# Data in this exercise:
•••••
-- ===== src/Integer/Remainders/Loops.antt =====
-- The loops of reduction and doubling, and the remainder.
use mathlib.Core.Path.{subst}
use slim_data_crypt.Common.{
  ℕ, zero, suc, ◌+◌, ◌-◌, ◌*◌, ◌/◌, ◌%◌, ◌^◌, ◌<◌, ◌≤◌, ◌≡◌, refl, ap, sym, ◌∙◌, false, List, [],
  ◌∷◌, length, All, arith, bit_or, ◌==◌,
}
use native.Mathlib.Nat.{
  pow-suc, mul-add-mod_self_right, mod-eq_of_lt, div-div-eq-div-mul, div-eq_of_lt, div-one,
}
use slim_data_crypt.Common.Bits.{bit_or_low}
use slim_data_crypt.Integer.{IsWord, value, scale, add, add_loop, sub_ctl, gte, set_word}
use slim_data_crypt.Integer.Values.{value-lt_scale, zeros_lem}
use slim_data_crypt.Integer.Sums.{Sum, add_loop-Sum}
use slim_data_crypt.Integer.Compare.{eq_word_lem}
use slim_data_crypt.Integer.Remainders.{
  bit_at, or_low, shift_in_bit, reduce_loop, reduce, double_loop, precompute_R2, to_mont,
}
use slim_data_crypt.Integer.Remainders.Bits.{bit_at_lem, pow_add}
use slim_data_crypt.Integer.Remainders.Reduce.{Reduced, subtracted}

-- The doubled number is even, so that `|=` adds the bit.
or_low_lem :
    (r : List ℕ) (bit : ℕ)
    → 0 < length r
    → All IsWord r
    → bit ≤ 1
    → (value (or_low bit (add r r).0) ≡ value (add r r).0 + bit)
      × (length (or_low bit (add r r).0) ≡ length (add r r).0)
      × All IsWord (or_low bit (add r r).0)
unfolding or_low add add_loop
or_low_lem [] bit l p h = absurd (omega arith)
or_low_lem (x ∷ xs) bit l p h =
    let w = (0 + (x + x)) % 2 ^ 128 % 2 ^ 64 in
    let even : w ≡ x % 2 ^ 63 * 2 ^ 1 = omega (arith, p.0) in
    let low : bit_or w bit ≡ w + bit =
      ap (λ t. bit_or t bit) even ∙ bit_or_low 1 (x % 2 ^ 63) bit (omega arith) ∙ omega arith in
    let small : bit_or w bit < 2 ^ 64 = omega arith in
    let rest =
      add_loop-Sum xs xs _ refl p.1 p.1
        (let c : (0 + (x + x)) % 2 ^ 128 / 2 ^ 64 ≤ 1 = omega (arith, p.0) in c) in
    (omega (arith, low), refl, (small, rest.words))

module _ (n : List ℕ) (some_word : 0 < length n) (moduli : All IsWord n) where
  doubled-Sum :
      (r : List ℕ)
      → length r ≡ length n
      → All IsWord r
      → Sum (length n) (value r + value r) (add r r)
  unfolding add
  doubled-Sum r size words =
      let d = add_loop-Sum r r 0 refl words words (omega arith) in
      record {
        same_length = d.same_length ∙ size;
        words = d.words;
        bit = d.bit;
        sum = omega (arith, (rw size at d.sum));
      }

  pub shift_in_bit_lem :
      (r : List ℕ) (bit : ℕ)
      → length r ≡ length n
      → All IsWord r
      → bit ≤ 1
      → value r < value n
      → Reduced n (2 * value r + bit) (shift_in_bit n bit r).0 (shift_in_bit n bit r).1
  unfolding shift_in_bit
  shift_in_bit_lem r bit size words h below =
      let d = doubled-Sum r size words in
      let (more, same, all) = or_low_lem r bit (omega (arith, size)) words h in
      let r' = or_low bit (add r r).0 in
      let total : value r' + scale (length n) (add r r).1 ≡ 2 * value r + bit =
        omega (arith, more, d.sum) in
      subst (λ t. Reduced n t (shift_in_bit n bit r).0 (shift_in_bit n bit r).1) total
        (subtracted n r' (add r r).1 (same ∙ d.same_length) all moduli d.bit (omega (arith, total)))

  -- `r` is what is left of `t` after some moduli.
  record Remains (t : ℕ) (r : List ℕ) : Type 0 where
    quotient : ℕ
    same_length : length r ≡ length n
    words : All IsWord r
    below : value r < value n
    sum : value r + quotient * value n ≡ t

  Remains-mod : (t : ℕ) (r : List ℕ) → Remains t r → value r ≡ t % value n
  Remains-mod t r m =
      sym (mod-eq_of_lt m.below)
      ∙ sym (mul-add-mod_self_right m.quotient (value n) (value r))
      ∙ ap (λ k. k % value n) (omega (arith, m.sum))

  reduce_loop-Remains :
      (x : List ℕ) (i : ℕ) (r : List ℕ)
      → All IsWord x
      → Remains (value x / 2 ^ i) r
      → Remains (value x) (reduce_loop x n i r)
  unfolding reduce_loop
  reduce_loop-Remains x zero r p m = rw (div-one (value x)) at m
  reduce_loop-Remains x (suc i) r p m =
      let bit : bit_at x i ≡ value x / 2 ^ i % 2 = bit_at_lem x i p in
      let d = shift_in_bit_lem r (bit_at x i) m.same_length m.words (omega arith) m.below in
      let half : value x / 2 ^ i / 2 ≡ value x / 2 ^ suc i =
        div-div-eq-div-mul (value x) (2 ^ i) 2 ∙ ap (λ t. value x / t) (sym (pow-suc 2 i)) in
      let ge = (shift_in_bit n (bit_at x i) r).0 in
      let product : (2 * m.quotient + ge) * value n ≡ 2 * (m.quotient * value n) + ge * value n =
        grind arith in
      reduce_loop-Remains x i _ p (record {
        quotient = 2 * m.quotient + ge;
        same_length = d.same_length;
        words = d.words;
        below = d.below;
        sum = omega (arith, d.sum, m.sum, half, bit, product);
      })

  double_loop-Remains :
      (k t : ℕ) (r : List ℕ) → Remains t r → Remains (t * 2 ^ k) (double_loop n k r)
  unfolding double_loop
  double_loop-Remains zero t r m = rw (let e : t ≡ t * 2 ^ 0 = omega arith in e) at m
  double_loop-Remains (suc k) t r m =
      let d = doubled-Sum r m.same_length m.words in
      let s =
        subtracted n (add r r).0 (add r r).1 d.same_length d.words moduli d.bit
          (omega (arith, d.sum, m.below)) in
      let ge = bit_or (gte (add r r).0 n) (add r r).1 in
      let product : (2 * m.quotient + ge) * value n ≡ 2 * (m.quotient * value n) + ge * value n =
        grind arith in
      let next : Remains (t * 2) (sub_ctl (add r r).0 n ge).0 = record {
        quotient = 2 * m.quotient + ge;
        same_length = s.same_length;
        words = s.words;
        below = s.below;
        sum = omega (arith, s.sum, d.sum, m.sum, product);
      } in
      let power : t * 2 * 2 ^ k ≡ t * 2 ^ suc k =
        (let e : t * 2 * 2 ^ k ≡ t * (2 ^ k * 2) = grind arith in e)
        ∙ ap (λ u. t * u) (sym (pow-suc 2 k)) in
      subst (λ u. Remains u (double_loop n k (sub_ctl (add r r).0 n ge).0)) power
        (double_loop-Remains k (t * 2) (sub_ctl (add r r).0 n ge).0 next)

  to_mont-Remains :
      (x : List ℕ)
      → length x ≡ length n
      → All IsWord x
      → value x < value n
      → Remains (value x * 2 ^ (length n * 64)) (to_mont x n)
  unfolding to_mont
  to_mont-Remains x size words below =
      double_loop-Remains (length n * 64) (value x) x (record {
        quotient = 0;
        same_length = size;
        words = words;
        below = below;
        sum = omega arith;
      })

  -- For a modulus of at least one word, `sdc_int_to_mont` of a number below it gives that number
  -- times 2 for each bit of the modulus' array, modulo the modulus.
  pub to_mont_lem :
      (x : List ℕ)
      → length x ≡ length n
      → All IsWord x
      → value x < value n
      → value (to_mont x n) ≡ value x * 2 ^ (length n * 64) % value n
  to_mont_lem x size words below =
      Remains-mod (value x * 2 ^ (length n * 64)) (to_mont x n) (to_mont-Remains x size words below)

  pub to_mont_words :
      (x : List ℕ)
      → length x ≡ length n
      → All IsWord x
      → value x < value n
      → (length (to_mont x n) ≡ length n) × All IsWord (to_mont x n)
  to_mont_words x size words below =
      let m = to_mont-Remains x size words below in (m.same_length, m.words)

  set_word_lem : (v : ℕ) → IsWord v → v < value n → Remains v (set_word v (length n))
  unfolding set_word
  set_word_lem v h below =
      let (none, size, words) = zeros_lem (length n - 1) in
      record {
        quotient = 0;
        same_length = omega (arith, size);
        words = (h, words);
        below = omega (arith, none);
        sum = omega (arith, none);
      }

  -- For a modulus above 1, `sdc_int_precompute_R2` gives the square of the power of two that has as
  -- many bits as its array, modulo the modulus.
  pub precompute_R2_lem : 1 < value n → value (precompute_R2 n) ≡ 2 ^ (length n * 64 * 2) % value n
  unfolding precompute_R2
  precompute_R2_lem above =
      Remains-mod (1 * 2 ^ (length n * 64 * 2)) _
        (double_loop-Remains (length n * 64 * 2) 1 _ (set_word_lem 1 (omega arith) above))
      ∙ ap (λ t. t % value n) (omega arith)

  scale_pow : (k : ℕ) → scale k 1 ≡ 2 ^ (k * 64)
  scale_pow zero = refl
  scale_pow (suc k) =
      omega (arith, scale_pow k, pow_add 64 (k * 64))
      ∙ ap (λ t. 2 ^ t) (let e : 64 + k * 64 ≡ suc k * 64 = omega arith in e)

  reduce-Remains : (r x : List ℕ) → All IsWord x → 0 < value n → Remains (value x) (reduce r x n)
  unfolding reduce
  reduce-Remains r x words positive =
      let nonzero : (value n == 0) ≡ false = ground arith in
      let some_words : (length n == 0) ≡ false = ground arith in
      let top : value x < 2 ^ (length x * 64) =
        omega (arith, value-lt_scale x words, scale_pow (length x)) in
      let none : value x / 2 ^ (length x * 64) ≡ 0 = div-eq_of_lt top in
      rw (some_words, eq_word_lem n 0 some_word moduli (omega arith), nonzero)
        (reduce_loop-Remains x (length x * 64) (set_word 0 (length n)) words (
          subst (λ t. Remains t (set_word 0 (length n))) (sym none)
            (set_word_lem 0 (omega arith) positive)))

  pub reduce_words :
      (r x : List ℕ)
      → All IsWord x
      → 0 < value n
      → (length (reduce r x n) ≡ length n) × All IsWord (reduce r x n)
  reduce_words r x words positive =
      let m = reduce-Remains r x words positive in (m.same_length, m.words)

  -- `sdc_int_reduce` with a modulus that is not 0 gives the remainder of the number, whatever the
  -- lengths and whatever the result's array held.
  pub reduce_lem :
      (r x : List ℕ) → All IsWord x → 0 < value n → value (reduce r x n) ≡ value x % value n
  reduce_lem r x words positive =
      Remains-mod (value x) (reduce r x n) (reduce-Remains r x words positive)

  -- The array with one word.
  pub set_word_words :
      (v : ℕ)
      → IsWord v
      → v < value n
      → (length (set_word v (length n)) ≡ length n)
        × All IsWord (set_word v (length n))
        × (value (set_word v (length n)) ≡ v)
  set_word_words v h below =
      let m = set_word_lem v h below in
      (m.same_length, m.words, Remains-mod v (set_word v (length n)) m ∙ mod-eq_of_lt below)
•••••
# What is being asked:
Could you return exactly the stretch of the data above that starts at the line with "n) (omega arith)" and ends at the line with "let m = set_word_lem v h below in", both lines included?

# Reply to the exercise:
      ∙ ap (λ t. t % value n) (omega arith)

  scale_pow : (k : ℕ) → scale k 1 ≡ 2 ^ (k * 64)
  scale_pow zero = refl
  scale_pow (suc k) =
      omega (arith, scale_pow k, pow_add 64 (k * 64))
      ∙ ap (λ t. 2 ^ t) (let e : 64 + k * 64 ≡ suc k * 64 = omega arith in e)

  reduce-Remains : (r x : List ℕ) → All IsWord x → 0 < value n → Remains (value x) (reduce r x n)
  unfolding reduce
  reduce-Remains r x words positive =
      let nonzero : (value n == 0) ≡ false = ground arith in
      let some_words : (length n == 0) ≡ false = ground arith in
      let top : value x < 2 ^ (length x * 64) =
        omega (arith, value-lt_scale x words, scale_pow (length x)) in
      let none : value x / 2 ^ (length x * 64) ≡ 0 = div-eq_of_lt top in
      rw (some_words, eq_word_lem n 0 some_word moduli (omega arith), nonzero)
        (reduce_loop-Remains x (length x * 64) (set_word 0 (length n)) words (
          subst (λ t. Remains t (set_word 0 (length n))) (sym none)
            (set_word_lem 0 (omega arith) positive)))

  pub reduce_words :
      (r x : List ℕ)
      → All IsWord x
      → 0 < value n
      → (length (reduce r x n) ≡ length n) × All IsWord (reduce r x n)
  reduce_words r x words positive =
      let m = reduce-Remains r x words positive in (m.same_length, m.words)

  -- `sdc_int_reduce` with a modulus that is not 0 gives the remainder of the number, whatever the
  -- lengths and whatever the result's array held.
  pub reduce_lem :
      (r x : List ℕ) → All IsWord x → 0 < value n → value (reduce r x n) ≡ value x % value n
  reduce_lem r x words positive =
      Remains-mod (value x) (reduce r x n) (reduce-Remains r x words positive)

  -- The array with one word.
  pub set_word_words :
      (v : ℕ)
      → IsWord v
      → v < value n
      → (length (set_word v (length n)) ≡ length n)
        × All IsWord (set_word v (length n))
        × (value (set_word v (length n)) ≡ v)
  set_word_words v h below =
      let m = set_word_lem v h below in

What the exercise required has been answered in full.